The Queen's Club Championships takes place between 9-15 June, 2025 in what is the start of the grass court season and a high quality one at that compared to usual. Our preview looks ahead at all the leading talking points as the road to Wimbledon begins.
Usually only a feature of the men's ATP Tour, Queen's will be played the week before now on the WTA 500 tour too with Nottingham shifting to a week later. Libema Open s'Hertogenbosch is also taking place this next week as well as the Stuttgart Open.
Tournament Director is a familiar face and one that has assembled a superb line-up in former British No.1 Laura Robson. As expected Madison Keys as her close friend flanks the line-up alongside Zheng Qinwen and Emma Navarro.
As well as the leading trio, Elena Rybakina, Petra Kvitova and Barbora Krejcikova as former and in the case of the latter current Wimbledon champions will begin their grass court season.
Jessica Pegula and Naomi Osaka were marquee early signings for the tournament but both have since withdrawn and will not start their seasons this week but indeed Berlin the week after. A tournament also intriguingly attended by Emma Raducanu.
Raducanu and Boulter lead intriguing Brit bunch
Raducanu and Katie Boulter will lead a heavy British contingent. The former US Open champion instead of solely remaining in the UK during the grass court season will make a jump over to Germany next week before returning to the UK in time to play Eastbourne.
She will also have stability this grass court season. For the first time since her US Open win, she is playing regularly and is fit again after being injured a lot over the past two years. She also has Mark Petchey as her coach for the whole of the grass court season. He has reduced his commitments during Wimbledon and so will be Raducanu's full-time coach for a while.
It has paid dividends too with her game coming on leaps and bounds and she again will receive a good welcome likely in a prime time slot. She could face the current Wimbledon champion Barbora Krejcikova and then maybe Zheng Qinwen in the Quarter-Finals.
Also she will likely benefit this summer from the attention for once not being entirely on her. Jack Draper instead will take that mantle as a top five player on the tour and it may allow Raducanu and also Katie Boulter to thrive under the freedom that not having the British tabloids on their back may give.
Brit bonanza as Raducanu and Boulter lead quality contingent.
Boulter has also been an intriguing case. She was superb last season on the British grass as she should be. She won Nottingham for the second year in a row and recently won a title on clay surprisingly in the typical Roland Garros WTA 125k warm-up Trophee Clarins.
So as ever she will be interesting to watch. Sonay Kartal has also reached new heights, while Jodie Burrage after horrific injury luck is looking more herself again.
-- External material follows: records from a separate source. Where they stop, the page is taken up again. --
-- ===== src/Ledger/Posting/Nets.antt =====
-- What a movement and a batch net on one account, summed leg by leg, beside the dicts of
-- backend/ledger_service/service/posting.py.
use cs.Base.{
  ℕ, ◌≡◌, refl, Bool, false, none, some, List, [], ◌∷◌, ◌++◌, ◌==◌, if◌then◌else◌, ◌∙◌, sym, ==→eq,
  ◌||◌, Bool-cases, Option-cases, inl, inr,
}
use cs.Base.Int.{ℤ, pos, ◌+ℤ◌, ◌≤ℤ◌, int_laws}
use cs.Base.Dict.{Dict, lookup, insert}
use cs.Base.Decimal.{quantize}
use cs.Ledger.Rows.{Entry}
use cs.Ledger.Reservations.{balance_of}
use cs.Ledger.Posting.Legs.{Leg, running_of, net_from, net_by_account}
use cs.Ledger.Posting.{Batch, entries_of}

-- The legs' amounts on one account
unfoldable pub net_of : ℕ → List (Leg ℤ) → ℤ
net_of j [] = pos 0
net_of j (leg ∷ rest) = (if leg.account_id == j then leg.amount else pos 0) +ℤ net_of j rest

unfoldable pub net_of_batch : ℕ → Batch → ℤ
net_of_batch j [] = pos 0
net_of_batch j ((m, legs) ∷ rest) = net_of j legs +ℤ net_of_batch j rest

-- The amounts that a dict has under one key
unfoldable pub dict_sum : ℕ → Dict ℤ → ℤ
dict_sum j [] = pos 0
dict_sum j ((k, v) ∷ rest) = (if k == j then v else pos 0) +ℤ dict_sum j rest

-- A drop for each time that the key stands in the dict
unfoldable pub taken : ℕ → ℤ → Dict ℤ → ℤ
taken j drop [] = pos 0
taken j drop ((k, v) ∷ rest) = (if k == j then drop else pos 0) +ℤ taken j drop rest

dict_sum-insert :
    (j key : ℕ) (value : ℤ) (d : Dict ℤ)
    → dict_sum j (insert key value d)
        +ℤ (if key == j then elim (lookup key d) [ none ↦ pos 0 | some r ↦ r ] else pos 0)
      ≡ dict_sum j d +ℤ (if key == j then value else pos 0)
unfolding dict_sum insert lookup
dict_sum-insert j key value [] = grind (int_laws)
dict_sum-insert j key value ((k, v) ∷ rest) = grind (int_laws, dict_sum-insert j key value rest)

step_sum :
    (j : ℕ) (leg : Leg ℤ) (d : Dict ℤ)
    → dict_sum j (insert leg.account_id (running_of ◌+ℤ◌ d leg) d)
      ≡ dict_sum j d +ℤ (if leg.account_id == j then leg.amount else pos 0)
unfolding running_of
step_sum j leg d =
    let inserted = dict_sum-insert j leg.account_id (running_of ◌+ℤ◌ d leg) d in
    elim (Option-cases (lookup leg.account_id d)) [
      | inl e ↦ rw (e, running_of) (grind (int_laws, rw e at inserted))
      | inr (r, e) ↦ rw (e, running_of) (grind (int_laws, rw (e, running_of) at inserted))
    ]

dict_sum-net_from :
    (j : ℕ) (legs : List (Leg ℤ)) (netted : Dict ℤ)
    → dict_sum j (net_from ◌+ℤ◌ legs netted) ≡ dict_sum j netted +ℤ net_of j legs
unfolding net_from net_of
dict_sum-net_from j [] netted = grind (int_laws)
dict_sum-net_from j (leg ∷ rest) netted =
    dict_sum-net_from j rest (insert leg.account_id (running_of ◌+ℤ◌ netted leg) netted)
    ∙ rw (step_sum j leg netted) (grind (int_laws))

pub dict_sum-net_by_account :
    (j : ℕ) (legs : List (Leg ℤ)) → dict_sum j (net_by_account ◌+ℤ◌ legs) ≡ net_of j legs
unfolding net_by_account dict_sum
dict_sum-net_by_account j legs = dict_sum-net_from j legs [] ∙ grind (int_laws)

-- The key stands in the dict at most once.
taken-insert :
    (j : ℕ) (drop : ℤ) (key : ℕ) (value : ℤ) (d : Dict ℤ)
    → taken j drop (insert key value d)
      ≡ taken j drop d
        +ℤ (if key == j then elim (lookup key d) [ none ↦ drop | some r ↦ pos 0 ] else pos 0)
unfolding taken insert lookup
taken-insert j drop key value [] = grind (int_laws)
taken-insert j drop key value ((k, v) ∷ rest) = grind (int_laws, taken-insert j drop key value rest)

taken-missing : (j : ℕ) (drop : ℤ) (d : Dict ℤ) → lookup j d ≡ none → taken j drop d ≡ pos 0
unfolding taken lookup
taken-missing j drop [] h = refl
taken-missing j drop ((k, v) ∷ rest) h = elim (Bool-cases (k == j)) [
  | inl e ↦ absurd (let same = rw e at h in cc)
  | inr e ↦ rw e (grind (int_laws, taken-missing j drop rest (rw e at h)))
]

taken-insert_once :
    (j : ℕ) (drop : ℤ) (key : ℕ) (value : ℤ) (d : Dict ℤ)
    → pos 0 ≤ℤ drop
    → taken j drop d ≤ℤ drop
    → taken j drop (insert key value d) ≤ℤ drop
taken-insert_once j drop key value d h bounded =
    let inserted = taken-insert j drop key value d in
    elim (Bool-cases (key == j)) [
      | inl e ↦
          let same = ==→eq key j e in
          elim (Option-cases (lookup key d)) [
            | inl missing ↦
                let absent = taken-missing j drop d (rw (sym same) missing) in
                grind (int_laws, rw (e, missing) at inserted)
            | inr (r, found) ↦ grind (int_laws, rw (e, found) at inserted)
          ]
      | inr e ↦ grind (int_laws, rw e at inserted)
    ]

taken-net_from :
    (j : ℕ) (drop : ℤ) (legs : List (Leg ℤ)) (netted : Dict ℤ)
    → pos 0 ≤ℤ drop
    → taken j drop netted ≤ℤ drop
    → taken j drop (net_from ◌+ℤ◌ legs netted) ≤ℤ drop
unfolding net_from
taken-net_from j drop [] netted h bounded = bounded
taken-net_from j drop (leg ∷ rest) netted h bounded =
    taken-net_from j drop rest (insert leg.account_id (running_of ◌+ℤ◌ netted leg) netted) h
      (taken-insert_once j drop leg.account_id (running_of ◌+ℤ◌ netted leg) netted h bounded)

pub balance_of-append :
    (xs ys : List Entry) (j : ℕ) → balance_of (xs ++ ys) j ≡ balance_of xs j +ℤ balance_of ys j
unfolding balance_of
balance_of-append [] ys j = grind (int_laws)
balance_of-append (x ∷ xs) ys j = rw (balance_of-append xs ys j) (grind (int_laws))

pub balance_of-entries_of :
    (transaction_id stamp : ℕ) (legs : List (Leg ℤ)) (j : ℕ)
    → balance_of (entries_of transaction_id stamp legs) j ≡ net_of j legs
unfolding balance_of entries_of net_of
balance_of-entries_of transaction_id stamp [] j = refl
balance_of-entries_of transaction_id stamp (leg ∷ rest) j =
    rw (balance_of-entries_of transaction_id stamp rest j) refl

unfoldable pub taken_of_batch : ℕ → Batch → ℤ
taken_of_batch j [] = pos 0
taken_of_batch j ((m, legs) ∷ rest) =
    taken j (quantize m.reservation_drop) (net_by_account ◌+ℤ◌ legs) +ℤ taken_of_batch j rest

pub taken-net_by_account :
    (j : ℕ) (drop : ℤ) (legs : List (Leg ℤ))
    → pos 0 ≤ℤ drop
    → taken j drop (net_by_account ◌+ℤ◌ legs) ≤ℤ drop
unfolding net_by_account taken
taken-net_by_account j drop legs h = taken-net_from j drop legs [] h h

abbrev pub names : {A : Type 0} → ℕ → List (Leg A) → Bool
names j [] = false
names j (leg ∷ rest) = (leg.account_id == j) || names j rest

taken-unnamed_from :
    (j : ℕ) (drop : ℤ) (legs : List (Leg ℤ)) (netted : Dict ℤ)
    → names j legs ≡ false
    → taken j drop (net_from ◌+ℤ◌ legs netted) ≡ taken j drop netted
unfolding net_from
taken-unnamed_from j drop [] netted h = refl
taken-unnamed_from j drop (leg ∷ rest) netted h = elim (Bool-cases (leg.account_id == j)) [
  | inl e ↦ absurd (let same = rw e at h in cc)
  | inr e ↦
      let value = running_of ◌+ℤ◌ netted leg in
      taken-unnamed_from j drop rest (insert leg.account_id value netted) (rw e at h)
      ∙ grind (int_laws, rw e at (taken-insert j drop leg.account_id value netted))
]

pub taken-unnamed :
    (j : ℕ) (drop : ℤ) (legs : List (Leg ℤ))
    → names j legs ≡ false
    → taken j drop (net_by_account ◌+ℤ◌ legs) ≡ pos 0
unfolding net_by_account taken
taken-unnamed j drop legs h = taken-unnamed_from j drop legs [] h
Gone are the days of Heather Watson and Harriet Dart dominating the draws from a British perspective and it is a quartet of talent which aren't just home hopes to draw bums on seats.
Keys, Rybakina, Shnaider, Navarro lead intriguing group of names
Madison Keys as second seed has said she is looking forward to returning to grass. She lost in the Last 16 through a walkover to Jasmine Paolini last year so has a point to prove. She will also likely tussle early on with Donna Vekic who is always superb on the surface.
Diana Shnaider also won a title last season on the grass and could face Keys in the latter stages. Rybakina also is looking more herself despite Stefano Vukov still hanging around in the background. But she won Strasbourg and heads onto a surface with her best success of her career to date. She also has a pretty good run.
Leylah Fernandez and Karolina Muchova are in her section. Fernandez has been in no form while Muchova has mooted she may need surgery again so Rybakina could have a great week.
Emma Navarro pictured was superb at Wimbledon last year and needs a run after a poor French Open.
While Emma Navarro as third seed also heads onto grass after a Quarter-Final Wimbledon run last time out. She also beat recent French Open winner Coco Gauff so has good pedigree on grass. She could face an ailing Kvitova or Beatriz Haddad Maia - a dead cert to do well usually on this surface.
In that section too is also the intrigue of Daria Kasatkina, another grass court operator who won Eastbourne last year. She faces Sonay Kartal then it could be Amanda Anisimova. Also there is an engagement as Kasatkina got engaged to Natalia Zabiiako as announced yesterday to mark Pride Month. A real feel good story and she will hope that gives some luck ahead of grass.